Dislocation detection of shield tunnel segments under non-uniform deformation conditions using RMLS point clouds

Abstract. Segment dislocation is a major issue in subway shield tunnels, and its detection is crucial for ensuring structural and operational safety. Existing methods often rely on local point clouds, failing to provide a comprehensive and precise representation of overall segment dislocation. Others assume an ideal cylindrical geometry, neglecting common non-uniform segment deformations. To address these limitations, we introduce a novel global deformation-aware approach for segment dislocation detection.
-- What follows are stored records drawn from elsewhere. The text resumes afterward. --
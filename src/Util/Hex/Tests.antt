-- ===== src/Util/Hex/Tests.antt =====
-- Runs of the hexadecimal functions, and the theorems at concrete inputs.
use hc.Base.{◌≡◌, refl, arith, List, [], ◌∷◌, ◌++◌, ℕ, inl, inr, length, ◌≤◌}
use hc.Util.Decimal.{stored, nothing}
use hc.Util.Hex.{uint_to_hex, hex_to_uint}
use hc.Util.Hex.Laws.{hex_to_uint_lem, hex_to_uint-uint_to_hex}

hex_runs :
    (uint_to_hex [] 0x1a2 ≡ b'0' ∷ b'1' ∷ b'A' ∷ b'2' ∷ [])
    × (hex_to_uint (b'f' ∷ b'F' ∷ b' ' ∷ []) 8 ≡ stored 2 255)
    × (hex_to_uint (b'g' ∷ []) 8 ≡ nothing)
unfolding uint_to_hex hex_to_uint
hex_runs = (refl, refl, refl)

hex_to_uint_lem_example : hex_to_uint (b'1' ∷ b'a' ∷ b'F' ∷ []) 3 ≡ stored 3 0x1af
hex_to_uint_lem_example =
    hex_to_uint_lem (b'1' ∷ b'a' ∷ b'F' ∷ []) [] 3
      (inl (omega arith), (inr (inr (omega arith)), (inr (inl (omega arith)), tt))) (omega arith)
      (omega arith)

hex_to_uint-uint_to_hex_example :
    (text : List ℕ) × (uint_to_hex (0 ∷ []) 0x1a2 ≡ text ++ 0 ∷ [])
    × (length text ≤ 16)
    × (hex_to_uint (uint_to_hex (0 ∷ []) 0x1a2) 16 ≡ stored (length text) 0x1a2)
hex_to_uint-uint_to_hex_example =
    hex_to_uint-uint_to_hex 0x1a2 16 0 [] (omega arith) (omega arith) (ground arith) (omega arith)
The method first separates non-lining tunnel points to accurately reflect the tunnel lining structure and eliminate their adverse effects on segment joint extraction. This is achieved using an ellipse fitting residual statistics-based algorithm. Subsequently, circumferential joints are extracted and located by integrating adaptive intensity features with prior information, allowing the division of the tunnel lining into individual shield rings. Radial joints within each shield ring are then identified through a deep feature clustering algorithm. Finally, circumferential and radial dislocations are detected using a piecewise fitting approach for shield ring segments. The feasibility and effectiveness of the proposed method are verified using Rail-borne Mobile Laser Scanning (RMLS) point cloud data from Guangzhou Metro Line 8. Experimental results demonstrate that the method effectively detects dislocations under non-uniform deformation conditions, overcoming errors introduced by traditional methods that simplify segment geometry. Compared to conventional fault detection techniques, the proposed approach achieves improved accuracy and robustness.